Qui sont les Posies à l’heure où sort leur troisième album ? Une sorte d’anomalie dans un courant et une époque qui surfe sur la révolution Nevermind pour ne surtout pas trier le bon grain de l’ivraie. Il y a trop d’argent et de drogues en jeu. On vous passera la liste des containers entiers de la déchetterie que furent aussi ces années-là, mais s’il est bien un disque à réécouter sans a priori en gardant le souvenir d’une fanitude commencée là et largement confirmée depuis (Blood/Candy en 2010, chaudement conseillé), c’est bien Frosting On The Beater, véritable tour de force power pop d’une rentrée 1993 qui en comptait pourtant d’autres, ramenant le sceptre et le spectre de Big Star aux nouvelles générations, le récemment réévalué Thirteen du Teenage Fanclub en tête.Pour commencer, les Posies ne sont pas de Seattle mais bien de Bellingham, toujours dans l’état de Washington, mais à quelques encablures de Vancouver (Canada). Et bien qu’ils furent alors sur le même label que Nirvana (Geffen), ils iront toujours, de par leur formidable propension à créer des monuments pop de haute volée et par une ambition revue à la baisse du fait d’une certaine fatigue découlant d’un succès mainstream un peu inattendu, à contre-courant des canons de l’époque. Mais pour le coup (de canon) le groupe de Jon Auer et Ken Stringfellow dispose d’une force de frappe inégalable à ce stade, avec pas moins de quatre hit singles en or massif (Dream All Day, Solar Sister, Definite Door et le très moqueur Flavor Of The Month) qui illuminent un album remarquablement agencé puisqu’il arrive aussi à négocier des zones d’ombres (Burn And Shine, How She Lied By Living, Coming Right Along) dont l’insondable noirceur brillent peut être encore plus fort aujourd’hui.

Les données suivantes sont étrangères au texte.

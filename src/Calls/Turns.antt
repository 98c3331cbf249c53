-- ===== src/Calls/Turns.antt =====
-- The turns of a worker of typedhandler_job_manager.go: which job it takes, and what becomes of it.
use allino.Base.{
  ℕ, ◌+◌, ◌*◌, ◌==◌, ◌≡◌, refl, ap, sym, ◌∙◌, subst, true, false, not, ◌&&◌, ◌||◌, List, [], ◌∷◌,
  Option, none, some, if◌then◌else◌, Bool-cases, Option-cases, inl, inr, arith,
}
use allino.Base.Bytes.{Bytes, bytes_eq}
use allino.JobSet.{diff, add, contains, member, in_any}
use allino.JobSet.Laws.{member-diff, contains-add}
use allino.Jobs.Table.{queued, leased, JobMeta, Row, Db, find_row}
use allino.Jobs.Queue.{JobTask, dequeue, requeue, free, second, eligible, count_or_zero}
use allino.Jobs.Dispatch.{Dispatched, dequeue-Dispatched}
use allino.Jobs.Sound.{IsSound}
use allino.Jobs.Rows.{Holds}
use allino.Jobs.Queue
use allino.Jobs.Finish.{outcome, done_async}
use allino.Jobs.Results.{found_after}
use allino.Calls.Exclusive.{free_lem}
use allino.Calls.Options.{JobOption, is_set, requeue_delay}
use allino.Calls.Worker.{Manager, Invoked, take_job, put_away, rooted, with_ttl}

listed : (h : Bytes) (hs : List Bytes) → Queue.contains hs h ≡ member h hs
unfolding member
listed h [] = refl
listed h (x ∷ hs) = ap (λ b. bytes_eq x h || b) (listed h hs)

eligible_handler :
    (now : ℕ) (handlers : List Bytes) (r : Row)
    → eligible now handlers r ≡ true
    → Queue.contains handlers r.handler ≡ true
unfolding eligible
eligible_handler now handlers r h = ground arith

module _ (options : Bytes → JobOption) (now lease_dur : ℕ) (m : Manager) (db : Db) where
  abbrev askable : List Bytes
  askable = diff m.handlers (m.locked ∷ m.resource_locked ∷ [])

  -- What a turn may take: a job of a registered handler that nothing locks, which it leases, and
  -- whose handler it locks where that has an interval. Where it takes nothing there is nothing that
  -- it could take.
  abbrev pub Taken : Option (JobTask × Db) × Manager → Type 0
  Taken (none, m') =
      (m'.locked ≡ m.locked)
      × (m'.attempt ≡ m.attempt + 1)
      × ((s : Row) → Holds s db.executions → eligible now askable s ≡ false)
  Taken (some (task, db'), m') =
      (contains task.handler m.handlers ≡ true)
      × (contains task.handler m.locked ≡ false)
      × (contains task.handler m.resource_locked ≡ false)
      × ((h : Bytes)
          → contains h m'.locked
            ≡ contains h m.locked
              || (not ((options task.handler).interval == 0) && bytes_eq task.handler h))
      × ((r : Row) × (find_row task.key db'.executions ≡ some r)
          × (r.status ≡ leased)
          × (r.leased_until ≡ some (now + lease_dur)))

  askable_parts :
      (h : Bytes)
      → member h askable ≡ true
      → (contains h m.handlers ≡ true)
        × (contains h m.locked ≡ false)
        × (contains h m.resource_locked ≡ false)
  unfolding in_any
  askable_parts h k =
      let e = sym (member-diff h m.handlers (m.locked ∷ m.resource_locked ∷ [])) ∙ k in ground arith

  locks :
      (handler h : Bytes)
      → contains h (if (options handler).interval == 0 then m.locked else add handler m.locked)
        ≡ contains h m.locked || (not ((options handler).interval == 0) && bytes_eq handler h)
  locks handler h = elim (Bool-cases ((options handler).interval == 0)) [
    | inl e ↦ rw e (ground arith)
    | inr e ↦ rw e (contains-add h handler m.locked)
  ]

  -- On sound tables, a turn of a worker takes a job only of a registered handler that neither
  -- set of locked handlers contains, leases its row until the end of the lease, and locks the
  -- handler where it has an interval and no other; where it takes nothing, no row is queued,
  -- due and of a handler that it may take, and the count of failed attempts grows by one.
  pub take_job-Taken : IsSound db → Taken (take_job options now lease_dur m db)
  unfolding take_job rooted
  take_job-Taken sound =
      elim (dequeue now askable lease_dur db)
          as (λ o.
            Dispatched now askable lease_dur db o
            → Taken (elim o [
              | none ↦ (none, record m { attempt = m.attempt + 1 })
              | some (task, _, db') ↦ (
                some (rooted task, db'),
                record m {
                  locked =
                      if (options task.handler).interval == 0
                      then m.locked
                      else add task.handler m.locked;
                  attempt = 0;
                },
              )
            ])) [
              | none ↦ λ d. (refl, refl, d)
              | some (task, gap, db') ↦ λ (r, h, ok, _, key, handler, input, held, _).
                  let (a, b, c) = askable_parts task.handler (
                    sym (listed task.handler askable)
                    ∙ subst (λ k. Queue.contains askable k ≡ true) (sym handler)
                        (eligible_handler now askable r ok)) in
                  (a, b, c, locks task.handler, (_, held, refl, refl))
            ]
        (dequeue-Dispatched now askable lease_dur db sound)

-- What becomes of the row of a job that was run: it is gone, it waits for its next run, or it holds
-- the result.
abbrev pub PutAway : ℕ → JobOption → Invoked → Row → Option Row → Type 0
PutAway interval o x r after = elim x.documents [
  | none ↦ after ≡ none
  | some (outjson, errjson) ↦
      if is_set x.abort
      then after
        ≡ some (record r {
          status = queued;
          run_at = x.ended + requeue_delay interval x.abort * second;
          leased_until = none;
          updated_at = x.ended;
          retry_count = some (count_or_zero r.retry_count + 1);
        })
      else if o.cache
      then ((s : Row) × (after ≡ some s) × (s.status ≡ outcome errjson))
      else after ≡ none
]

requeue_row :
    (now delay : ℕ) (db : Db) (r : Row) (key : Bytes)
    → find_row key db.executions ≡ some r
    → find_row key (requeue now key delay db).executions
      ≡ some (record r {
        status = queued;
        run_at = now + delay * second;
        leased_until = none;
        updated_at = now;
        retry_count = some (count_or_zero r.retry_count + 1);
      })
unfolding requeue
requeue_row now delay db r key h = found_after key _ db r (λ q. (refl, refl)) h

done_row :
    (now : ℕ) (handler : Bytes) (meta : JobMeta) (key : Bytes) (injson o e : Option Bytes) (db : Db)
    (r : Row)
    → find_row key db.executions ≡ some r
    → (s : Row) × (find_row key (done_async now handler meta key injson o e db).executions ≡ some s)
      × (s.status ≡ outcome e)
unfolding done_async
done_row now handler meta key injson o e db r h = elim (Option-cases meta.ttl) [
  | inl t ↦ rw t (_, found_after key _ db r (λ q. (refl, refl)) h, refl)
  | inr (n, t) ↦ rw t (_, found_after key _ db r (λ q. (refl, refl)) h, refl)
]

-- A job with a row that was run is put away so: after a system error, or without a cache, the
-- row is gone; after an abort it is queued, without a lease and with one retry more, for the
-- end of the run plus the delay; else it is there with the status of its outcome.
pub put_away-PutAway :
    (interval : ℕ) (o : JobOption) (task : JobTask) (x : Invoked) (db : Db) (r : Row)
    → find_row task.key db.executions ≡ some r
    → PutAway interval o x r (find_row task.key (put_away interval o task x db).executions)
unfolding put_away with_ttl
put_away-PutAway interval o task x db r h = elim (Option-cases x.documents) [
  | inl e ↦ rw e (free_lem task.key db)
  | inr ((out, err), e) ↦ rw e (elim (Bool-cases (is_set x.abort)) [
    | inl a ↦ rw a (requeue_row x.ended (requeue_delay interval x.abort) db r task.key h)
    | inr a ↦ rw a (elim (Bool-cases (o.cache)) [
      | inl c ↦ rw c (
          done_row x.ended task.handler (with_ttl x.ended o task.meta) task.key task.input out err
            db r h)
      | inr c ↦ rw c (free_lem task.key db)
    ])
  ])
]
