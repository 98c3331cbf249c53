-- ===== src/Calls/Intervals.antt =====
-- Many turns of a worker of typedhandler_job_manager.go while its jobs run.
use allino.Base.{
  ℕ, ◌==◌, ◌≡◌, refl, ap, ◌∙◌, true, false, not, ◌&&◌, ◌||◌, List, [], ◌∷◌, Option, none, some,
  if◌then◌else◌, Bool-cases, inl, inr, arith,
}
use allino.Base.Bytes.{Bytes, bytes_eq, bytes_eq_refl, eq_of_bytes_eq}
use allino.JobSet.{contains, member}
use allino.JobSet.Laws.{AreDistinct}
use allino.Jobs.Table.{Db}
use allino.Jobs.Queue.{JobTask}
use allino.Jobs.Sound.{IsSound}
use allino.Calls.Options.{JobOption}
use allino.Calls.Worker.{Manager, take_job}
use allino.Calls.Turns.{Taken, take_job-Taken}

-- Every database is sound.
abbrev pub AreSound : List (ℕ × Db) → Type 0
AreSound [] = Unit
AreSound ((now, db) ∷ rest) = IsSound db × AreSound rest

module _ (options : Bytes → JobOption) (lease_dur : ℕ) where
  abbrev pub cons_taken : Option (JobTask × Db) → List Bytes → List Bytes
  cons_taken none hs = hs
  cons_taken (some (task, _)) hs =
      if (options task.handler).interval == 0 then hs else task.handler ∷ hs

  -- Turns at the given times and databases, none of whose jobs ends: the handlers with an interval
  -- that they take, in order.
  abbrev pub turns : List (ℕ × Db) → Manager → List Bytes
  turns [] m = []
  turns ((now, db) ∷ rest) m =
      let r = take_job options now lease_dur m db in cons_taken r.0 (turns rest r.1)

  -- What holds of a handler that is locked before a turn.
  Stays : Bytes → Option (JobTask × Db) × Manager → Type 0
  Stays h r =
      (contains h r.1.locked ≡ true)
      × ((hs : List Bytes) → member h hs ≡ false → member h (cons_taken r.0 hs) ≡ false)

  other_handler :
      (h g : Bytes) (m : Manager)
      → contains h m.locked ≡ true
      → contains g m.locked ≡ false
      → bytes_eq g h ≡ false
  other_handler h g m k n = elim (Bool-cases (bytes_eq g h)) [
    | inl e ↦ cc (eq_of_bytes_eq g h e)
    | inr e ↦ e
  ]

  locked-Stays :
      (now : ℕ) (m : Manager) (db : Db) (h : Bytes) (r : Option (JobTask × Db) × Manager)
      → Taken options now lease_dur m db r
      → contains h m.locked ≡ true
      → Stays h r
  unfolding Stays member
  locked-Stays now m db h (none, m') (same, _, _) k = (ap (contains h) same ∙ k, λ hs n. n)
  locked-Stays now m db h (some (task, db'), m') (_, free, _, grown, _) k = (
    grown h ∙ rw k refl,
    λ hs n. elim (Bool-cases ((options task.handler).interval == 0)) [
      | inl e ↦ rw e n
      | inr e ↦ rw (e, other_handler h task.handler m k free) n
    ],
  )

  locked_absent :
      (h : Bytes) (ts : List (ℕ × Db)) (m : Manager)
      → AreSound ts
      → contains h m.locked ≡ true
      → member h (turns ts m) ≡ false
  unfolding Stays member
  locked_absent h [] m sound k = refl
  locked_absent h ((now, db) ∷ rest) m (s, sound) k =
      let r = take_job options now lease_dur m db in
      let (locked, out) =
        locked-Stays now m db h r (take_job-Taken options now lease_dur m db s) k in
      out (turns rest r.1) (locked_absent h rest r.1 sound locked)

  distinct_step :
      (now : ℕ) (m : Manager) (db : Db) (r : Option (JobTask × Db) × Manager) (hs : List Bytes)
      → Taken options now lease_dur m db r
      → ((h : Bytes) → contains h r.1.locked ≡ true → member h hs ≡ false)
      → AreDistinct hs
      → AreDistinct (cons_taken r.0 hs)
  distinct_step now m db (none, m') hs taken out d = d
  distinct_step now m db (some (task, db'), m') hs (_, _, _, grown, _) out d =
      elim (Bool-cases ((options task.handler).interval == 0)) [
        | inl e ↦ rw e d
        | inr e ↦ rw e (out task.handler (grown task.handler ∙ taken_locked e), d)
      ]
    where
      taken_locked :
          ((options task.handler).interval == 0) ≡ false
          → (contains task.handler m.locked
              || (not ((options task.handler).interval == 0) && bytes_eq task.handler task.handler))
            ≡ true
      taken_locked e = rw (e, bytes_eq_refl task.handler) (ground arith)

  -- In any sequence of turns on sound tables, during which no job ends, no handler with an
  -- interval is taken twice.
  pub turns-AreDistinct :
      (ts : List (ℕ × Db)) (m : Manager) → AreSound ts → AreDistinct (turns ts m)
  turns-AreDistinct [] m sound = tt
  turns-AreDistinct ((now, db) ∷ rest) m (s, sound) =
      let r = take_job options now lease_dur m db in
      distinct_step now m db r (turns rest r.1) (take_job-Taken options now lease_dur m db s)
        (λ h k. locked_absent h rest r.1 sound k) (turns-AreDistinct rest r.1 sound)
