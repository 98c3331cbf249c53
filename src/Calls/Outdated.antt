-- ===== src/Calls/Outdated.antt =====
-- A stored result of another version in typedhandler_job.go: `Done` does not write the version over
-- it.
use allino.Base.{ℕ, ◌≡◌, refl, ap, ◌∙◌, true, false, ◌&&◌, List, none, some, Option-cases, inl, inr}
use allino.Base.Bytes.{Bytes}
use allino.JobIds.{handler_version, has_major_or_minor_version_diff}
use allino.Jobs.Table.{ResultRow, Db, find_result, done}
use allino.Jobs.Outcome.{Reply, JobInfo, answer, info_of, stored_of_result}
use allino.Jobs.Finish.{result_row}
use allino.Calls.Options.{JobContext, job_meta, is_set}
use allino.Calls.Lookup.{
  Function, invalid_cache, missed, marshal_output_set, is_stale, unmarshalfn, upgrade_stale,
}
use allino.Calls.Call.{Ran, lookup_hit, settle, run_body, call_looked, call_uncached, call_keyed}
use allino.Calls.Cached.{
  IsKept, upserted_old, refreshed, answer_info, lookup_row, settled, keyed_cached, run_settled,
  unaborted,
}

module _ {U E : Type 0} (f : Function U E) where
  -- The stored result of the key has another major or minor version.
  abbrev pub IsOutdated : Bytes → Db → Type 0
  IsOutdated key db =
      (q : ResultRow) × (find_result key db.results ≡ some q)
      × (has_major_or_minor_version_diff q.version (handler_version f.version) ≡ true)

  -- Calls run at once, without a lock, and there is no `OnOutputUpgrade`.
  pub record IsPlainCache (c : JobContext) : Type 0 where
    pub kept : IsKept f
    pub synchronous : (c.fromcall && f.job.async) ≡ false
    pub unlocked : f.job.dedupe ≡ false
    pub upgrades : f.on_output_upgrade ≡ none

  IsOutdated-settle :
      (key injson : Bytes) (x : Ran U E)
      → IsKept f
      → is_set x.abort ≡ false
      → IsOutdated key x.db
      → IsOutdated key (settle f key injson x)
  unfolding settle result_row
  IsOutdated-settle key injson x k p (q, h, v) =
      elim (Option-cases (marshal_output_set f x.output x.err)) [
        | inl m ↦ (q, simp (k.caches, p, m) h, v)
        | inr ((o, e), m) ↦
            let n =
              result_row x.ended f.name
                (record (job_meta x.ended f.version f.job key done) { ttl = none }) key
                (some injson) o e in
            (
              refreshed n q,
              ap (find_result key) (settled f key injson x o e k p m)
                  ∙ upserted_old n q x.db.results h,
              v,
            )
      ]

  no_upgrade :
      (now : ℕ) (r : Reply) (db : Db)
      → f.on_output_upgrade ≡ none
      → upgrade_stale now f r db ≡ (missed invalid_cache, db)
  unfolding upgrade_stale
  no_upgrade now r db up = rw (upgrade_stale, up)

  outdated_reply :
      (now : ℕ) (r : Reply) (db : Db)
      → f.on_output_upgrade ≡ none
      → has_major_or_minor_version_diff r.info.meta.version (handler_version f.version) ≡ true
      → unmarshalfn now f r db ≡ (missed invalid_cache, db)
  unfolding unmarshalfn is_stale
  outdated_reply now r db up v = rw (unmarshalfn, v) (no_upgrade now r db up)

  stale_missed :
      (now : ℕ) (key : Bytes) (db : Db)
      → IsKept f
      → f.on_output_upgrade ≡ none
      → IsOutdated key db
      → lookup_hit f now key db ≡ (missed invalid_cache, db)
  stale_missed now key db k up (q, h, v) =
      let s = stored_of_result q in
      let info = info_of q.ttl s in
      lookup_row f now key q db k h
      ∙ outdated_reply now (answer key info s) db up (
          ap
            (λ (i : JobInfo).
              has_major_or_minor_version_diff i.meta.version (handler_version f.version))
            (answer_info key info s)
          ∙ v)

  plain_run :
      (now interval wait_timeout : ℕ) (c : JobContext) (key injson : Bytes) (body : Db → Ran U E)
      (firings : List (ℕ × Db)) (db : Db)
      → (c.fromcall && f.job.async) ≡ false
      → f.job.dedupe ≡ false
      → call_looked f now interval wait_timeout c key injson body firings (missed invalid_cache, db)
        ≡ run_body f interval c key injson (body db)
  unfolding call_looked call_uncached
  plain_run now interval wait_timeout c key injson body firings db s d = simp (s, d)

  -- For a function that is cached, not locked and not asynchronous and has no OnOutputUpgrade,
  -- where the stored result of a key without a TTL has another major or minor version, and
  -- still has it after the body, which does not abort: the call runs the body, and the stored
  -- result has another version afterwards too.
  pub call_keyed-IsOutdated :
      (now interval wait_timeout : ℕ) (c : JobContext) (key injson : Bytes) (body : Db → Ran U E)
      (firings : List (ℕ × Db)) (db : Db)
      → IsPlainCache c
      → is_set (body db).abort ≡ false
      → IsOutdated key db
      → IsOutdated key (body db).db
      → let r = call_keyed f now interval wait_timeout c key injson body firings db in
        (r.ran ≡ true) × IsOutdated key r.db
  call_keyed-IsOutdated now interval wait_timeout c key injson body firings db m p h k =
      rw
        (keyed_cached f now interval wait_timeout c key injson body firings db m.kept
          ∙ ap (call_looked f now interval wait_timeout c key injson body firings)
              (stale_missed now key db m.kept m.upgrades h)
          ∙ plain_run now interval wait_timeout c key injson body firings db m.synchronous
              m.unlocked
          ∙ run_settled f interval c key injson (body db) (unaborted f (body db) p))
        (refl, IsOutdated-settle key injson (body db) m.kept p k)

La réédition Deluxe (double CD ou double Lp, c’est au choix) complète pas moins d’une trentaine de bonus, allant des faces B d’époque à des démos plutôt touchantes quant on connaît le tour de force que constitue la production de Don Fleming sur l’album. On n’oubliera jamais le souffle d’une interview parue à l’époque dans Les Inrockuptibles, où les intéressés ne laissaient aucun doute sur le fait que les disques de Big Star (dont ils assureront, en dévoués et patients spadassins, la reformation à venir) et d’XTC avaient changé leurs vies pour mieux illuminer la nôtre. Comme quoi, on pouvait allier une certaine esthétique de la pop éternelle (The Hollies, Todd Rundgren, Cheap Trick) et les plus beaux clichés du rock, les concerts fulgurants que l’on vit à l’époque le prouvèrent, dans ces années de plomb où le jeunisme et le marketing eurent vite fait de mettre tous le monde (ou presque) au pas, si ce n’est à la morgue. Groupe supérieur n’ayant jamais abandonné (ou alors temporairement) la partie – et c’est encore plus flagrant en réécoutant ce désormais classique absolu, The Posies restent une merveilleuse anomalie, unique et flamboyante.
PS : Omnivore réédite aussi dans la foulée et toujours de manière exhaustive l’album précedent Dear 23 (1990) et celui d’après, Amazing Disgrace (1996). C’est beaucoup, ce n’est pas trop.